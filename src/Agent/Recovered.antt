-- ===== src/Agent/Recovered.antt =====
-- What a recovery that succeeds has done: crates/cli/src/tunnel.rs.
mod Outcomes
use gamenet.Base.{
  ℕ, ◌≡◌, refl, sym, ap, ◌∙◌, ◌≢◌, ◌⊎◌, inl, inr, Bool, true, false, not, Option, none, some, ◌++◌,
  Result, ok, err, arith,
}
use gamenet.Errors.{
  Error, not_found, closed_early, rejected, unexpected_response, pending_equals_current,
}
use gamenet.Hex.{Text, parse_recovery_code}
use gamenet.Protocol.{
  TunnelToken, register, tunnel_ready, new_connection, error, rotate_identity, identity_rotated,
  recover_identity, identity_recovered,
}
use gamenet.Identity.{
  FilePath, FileSystem, Faults, pure, ensure, read_existing, load_or_create_at, current_token,
  same_token, pending_suffix, pending_path, PendingRecovery, prepare_recovery_at, finish_recovery,
}
use gamenet.Identity.Files.{
  content, Keeps, Keeps-bind, Keeps-ensure, Keeps-read_existing, Keeps-current_token,
  Keeps-load_or_create_at,
}
use gamenet.Identity.Paths.{
  Environment, identity_name, identity_path, recovery_path, recovery_path-ne,
  recovery_path-ne-pending,
}
use gamenet.Identity.Success.{bind-eq-ok, outcome-eq, no_outcome}
use gamenet.Identity.Rotation.{content-read}
use gamenet.Identity.Recovery.{
  prepare_recovery_at-eq-ok, finish_recovery-eq-ok, Keeps-finish_recovery, store_recovery_at-eq-ok,
}
use gamenet.Agent.{
  Answer, Relay, connect_quic, store_if, finish_if_recovered, recover_on_connection, typed, prompt,
  or_prompt, recovery_secret, recover_identity_at,
}
use gamenet.Agent.Acknowledged.{Keeps-connect_quic}
use gamenet.Agent.Recovered.Outcomes.{
  ComesFrom, typed-eq-ok, recovery_secret-eq-ok, finish_if_recovered-eq-ok, prepare_recovery-Keeps,
}

-- The relay was asked to give the claim of the key to the new identity, and said that it had; the new
-- identity is in its file, and the key in the file of the key.
pub record IsRecovered (env : Environment) (use_backup_code : Bool) (code : Result Error Text)
    (relay : Relay) (fs fs' : FileSystem) (port : ℕ) : Type 0 where
  pub secret : TunnelToken
  pub new : TunnelToken
  pub acknowledged : relay (recover_identity secret new) ≡ ok (some (identity_recovered port))
  pub after : content (fs' (identity_path env)) ≡ some new
  pub key : content (fs' (recovery_path env)) ≡ some secret
  pub source :
      ((text : Text) × (code ≡ ok text) × (parse_recovery_code text ≡ ok secret))
      ⊎ ((use_backup_code ≡ false) × (content (fs (recovery_path env)) ≡ some secret))

-- The key is in its file before the new identity is installed.
stored :
    (faults : Faults) (env : Environment) (code : Result Error Text) (secret : TunnelToken)
    (b : Bool) (fs fs₁ fs₃ fs₄ : FileSystem) (u : Unit {0})
    → ComesFrom (recovery_path env) code fs fs₁ secret b
    → content (fs₃ (recovery_path env)) ≡ content (fs₁ (recovery_path env))
    → store_if faults (recovery_path env) secret b fs₃ ≡ (fs₄, ok u)
    → content (fs₄ (recovery_path env)) ≡ some secret
stored faults env code secret true fs fs₁ fs₃ fs₄ u from same h =
    ap content (store_recovery_at-eq-ok faults (recovery_path env) secret fs₃ fs₄ u h)
stored faults env code secret false fs fs₁ fs₃ fs₄ u from same h =
    let (last, _) = outcome-eq fs₃ fs₄ tt u h in
    ap (λ (s : FileSystem). content (s (recovery_path env))) last ∙ same ∙ from.1

-- A code that is typed is a backup.
prompt-backup :
    (code : Result Error Text) (fs fs' : FileSystem) (secret : TunnelToken) (b : Bool)
    → prompt code fs ≡ (fs', ok (secret, b))
    → b ≡ true
prompt-backup (err e) fs fs' secret b h = absurd (no_outcome fs fs' e (secret, b) h)
prompt-backup (ok text) fs fs' secret b h =
    (typed-eq-ok text (parse_recovery_code text) fs fs' secret b refl h).1

came_from :
    (faults : Faults) (recovery : FilePath) (use_backup_code : Bool) (code : Result Error Text)
    (fs fs₁ : FileSystem) (secret : TunnelToken) (b : Bool)
    → recovery_secret faults recovery use_backup_code code fs ≡ (fs₁, ok (secret, b))
    → ComesFrom recovery code fs fs₁ secret b
    → ((text : Text) × (code ≡ ok text) × (parse_recovery_code text ≡ ok secret))
      ⊎ ((use_backup_code ≡ false) × (content (fs recovery) ≡ some secret))
unfolding recovery_secret
came_from faults recovery backup code fs fs₁ secret true e h = inl h
came_from faults recovery false code fs fs₁ secret false e h = inr (refl, h.0)
came_from faults recovery true code fs fs₁ secret false e h =
    let typed_in = prompt-backup code fs fs₁ secret false e in absurd (ground arith)

-- A recovery of the user's identity that succeeds, with a code that was typed or the key of the file,
-- has been acknowledged by the relay for that key and the new identity; then the new identity is in
-- its file, and the key, also one that was typed, in the file of the key.
pub recover_identity_at-IsRecovered :
    (faults : Faults) (env : Environment) (candidate : TunnelToken) (use_backup_code : Bool)
    (code : Result Error Text) (connected : Option Error) (relay : Relay) (fs fs' : FileSystem)
    (port : ℕ)
    → recover_identity_at faults
        (identity_path env)
        (recovery_path env)
        candidate
        use_backup_code
        code
        connected
        relay
        fs
      ≡ (fs', ok port)
    → IsRecovered env use_backup_code code relay fs fs' port
unfolding recover_identity_at recover_on_connection
recover_identity_at-IsRecovered faults env candidate backup code connected relay fs fs' port h =
    let p = identity_path env in
    let recovery = recovery_path env in
    let (fs₁, chosen, e₁, h₁) =
      bind-eq-ok (recovery_secret faults recovery backup code) _ fs fs' port h in
    let secret : TunnelToken = chosen.0 in
    let b : Bool = chosen.1 in
    let from = recovery_secret-eq-ok faults recovery backup code fs fs₁ secret b e₁ in
    let (fs₂, r, e₂, h₂) = bind-eq-ok (prepare_recovery_at faults p candidate) _ fs₁ fs' port h₁ in
    let (fs₃, _, e₃, h₃) = bind-eq-ok (connect_quic connected) _ fs₂ fs' port h₂ in
    let answer = relay (recover_identity secret r.new_token) in
    let (said, (fs₄, u, v, e₄, e₅)) =
      finish_if_recovered-eq-ok faults recovery r secret b answer fs₃ fs' port h₃ in
    let (here, apart, named) = prepare_recovery_at-eq-ok faults p candidate fs₁ fs₂ r e₂ in
    let elsewhere : r.pending ≢ recovery = λ z.
      recovery_path-ne-pending env (sym z ∙ named identity_name (unfold identity_path in refl)) in
    let (new, _) = finish_recovery-eq-ok faults r fs₄ fs' v (λ z. apart (z ∙ here)) e₅ in
    let prepared =
      ap (λ (o : FileSystem × Result Error PendingRecovery). content (o.0 recovery)) (sym e₂)
      ∙ prepare_recovery-Keeps faults env candidate fs₁ in
    let connecting =
      ap (λ (o : FileSystem × Result Error (Unit {0})). content (o.0 recovery)) (sym e₃)
      ∙ Keeps-connect_quic recovery connected fs₂ in
    let finished =
      ap (λ (o : FileSystem × Result Error (Unit {0})). content (o.0 recovery)) (sym e₅)
      ∙ Keeps-finish_recovery recovery faults r elsewhere (λ z. recovery_path-ne env (sym z ∙ here))
          fs₄ in
    record {
      secret = secret;
      new = r.new_token;
      acknowledged = said;
      after = sym (ap (λ q. content (fs' q)) here) ∙ new;
      key =
          finished
          ∙ stored faults env code secret b fs fs₁ fs₃ fs₄ u from (connecting ∙ prepared) e₄;
      source = came_from faults recovery backup code fs fs₁ secret b e₁ from;
    }
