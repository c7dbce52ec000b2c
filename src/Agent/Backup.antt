-- ===== src/Agent/Backup.antt =====
-- The `show-recovery-code` command of crates/cli/src/main.rs, and a code that it has shown.
use gamenet.Base.{
  ℕ, ◌≡◌, sym, ap, ◌∙◌, ◌<◌, true, false, ◌⊎◌, inl, inr, Option, some, ◌++◌, Result, ok, arith, All,
}
use gamenet.Errors.{Error}
use gamenet.Hex.{Text, is_whitespace, format_recovery_code, parse_recovery_code}
use gamenet.Hex.Codes.{IsToken, parse_recovery_code-format}
use gamenet.Protocol.{TunnelToken, recover_identity, identity_recovered}
use gamenet.Identity.{FileSystem, Faults, M, ◌>>=◌, pure, read_existing}
use gamenet.Identity.Files.{content}
use gamenet.Identity.Paths.{Environment, identity_path, recovery_path, read_recovery}
use gamenet.Identity.Success.{bind-eq-ok, outcome-eq, read_existing-eq-ok}
use gamenet.Agent.{Relay, recover_identity_at}
use gamenet.Agent.Recovered.{IsRecovered, recover_identity_at-IsRecovered}

-- What is printed.
unfoldable pub show_recovery_code : Faults → Environment → M Text
show_recovery_code faults env = do
  secret ← read_recovery faults env
  pure (format_recovery_code secret)

-- A code that is shown is that of the key in the file.
show_recovery_code-eq-ok :
    (faults : Faults) (env : Environment) (fs fs' : FileSystem) (text : Text)
    → show_recovery_code faults env fs ≡ (fs', ok text)
    → ((t : TunnelToken) → content (fs (recovery_path env)) ≡ some t → All (λ b. b < 256) t)
    → (secret : TunnelToken) × IsToken secret
      × (text ≡ format_recovery_code secret)
      × (content (fs (recovery_path env)) ≡ some secret)
unfolding show_recovery_code read_recovery
show_recovery_code-eq-ok faults env fs fs' text h octets =
    let (fs₁, secret, e, k) =
      bind-eq-ok (read_existing faults (recovery_path env)) (λ s. pure (format_recovery_code s)) fs
        fs' text h in
    let (_, there, _, sized) = read_existing-eq-ok faults (recovery_path env) fs fs₁ secret e in
    let here = ap content there in
    (
      secret,
      record { sized = sized; octets = octets secret here },
      (outcome-eq fs₁ fs' (format_recovery_code secret) text k).1,
      here,
    )

-- What a recovery with the code of this key has done.
pub record IsRecoveredWith (secret : TunnelToken) (env : Environment) (relay : Relay)
    (fs' : FileSystem) (port : ℕ) : Type 0 where
  pub new : TunnelToken
  pub acknowledged : relay (recover_identity secret new) ≡ ok (some (identity_recovered port))
  pub identity : content (fs' (identity_path env)) ≡ some new
  pub key : content (fs' (recovery_path env)) ≡ some secret

with_key :
    (env : Environment) (relay : Relay) (fs fs' : FileSystem) (text : Text) (secret : TunnelToken)
    (port : ℕ)
    → parse_recovery_code text ≡ ok secret
    → IsRecovered env true (ok text) relay fs fs' port
    → IsRecoveredWith secret env relay fs' port
with_key env relay fs fs' text secret port parsed r =
    let same : r.secret ≡ secret = token r.source in
    record {
      new = r.new;
      acknowledged = ap (λ s. relay (recover_identity s r.new)) (sym same) ∙ r.acknowledged;
      identity = r.after;
      key = r.key ∙ ap some same;
    }
  where
    token :
        ((code : Text) × (◌≡◌ {A = Result Error Text} (ok text) (ok code))
            × (parse_recovery_code code ≡ ok r.secret))
          ⊎ ((true ≡ false) × (content (fs (recovery_path env)) ≡ some r.secret))
        → r.secret ≡ secret
    token (inl (code, typed, e)) =
        let same : text ≡ code = ground arith in
        let again : parse_recovery_code text ≡ ok r.secret = ap parse_recovery_code same ∙ e in
        ground (arith, sym again ∙ parsed)
    token (inr (differ, e)) = absurd (ground arith)

-- A code that one machine has shown, typed on another one with blanks around it, is the key of the
-- first: a recovery with it that succeeds has asked the relay for the claim of that key, and the
-- second machine then holds the key and the new identity. The bytes of the first machine's file are
-- numbers below 256.
pub show_recovery_code-recovers :
    (faults faults' : Faults) (env env' : Environment) (fs fs₁ gs gs' : FileSystem)
    (text before after : Text) (candidate : TunnelToken) (connected : Option Error) (relay : Relay)
    (port : ℕ)
    → show_recovery_code faults env fs ≡ (fs₁, ok text)
    → ((t : TunnelToken) → content (fs (recovery_path env)) ≡ some t → All (λ b. b < 256) t)
    → All (λ c. is_whitespace c ≡ true) before
    → All (λ c. is_whitespace c ≡ true) after
    → recover_identity_at faults'
        (identity_path env')
        (recovery_path env')
        candidate
        true
        (ok (before ++ (text ++ after)))
        connected
        relay
        gs
      ≡ (gs', ok port)
    → (secret : TunnelToken) × (content (fs (recovery_path env)) ≡ some secret)
      × IsRecoveredWith secret env' relay gs' port
show_recovery_code-recovers faults faults' env env' fs fs₁ gs gs' text before after candidate
      connected relay port h octets b a k =
    let typed = before ++ (text ++ after) in
    let (secret, token, shown, there) = show_recovery_code-eq-ok faults env fs fs₁ text h octets in
    let parsed : parse_recovery_code typed ≡ ok secret =
      ap (λ t. parse_recovery_code (before ++ (t ++ after))) shown
      ∙ parse_recovery_code-format before after secret token b a in
    let done =
      recover_identity_at-IsRecovered faults' env' candidate true (ok typed) connected relay gs gs'
        port k in
    (secret, there, with_key env' relay gs gs' typed secret port parsed done)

• DESCRIPTION OF THE TASK
List all lines above in which the string "octets" appears.

• SOLVED PROBLEM
show_recovery_code-eq-ok faults env fs fs' text h octets =
      record { sized = sized; octets = octets secret here },
      connected relay port h octets b a k =
    let (secret, token, shown, there) = show_recovery_code-eq-ok faults env fs fs₁ text h octets in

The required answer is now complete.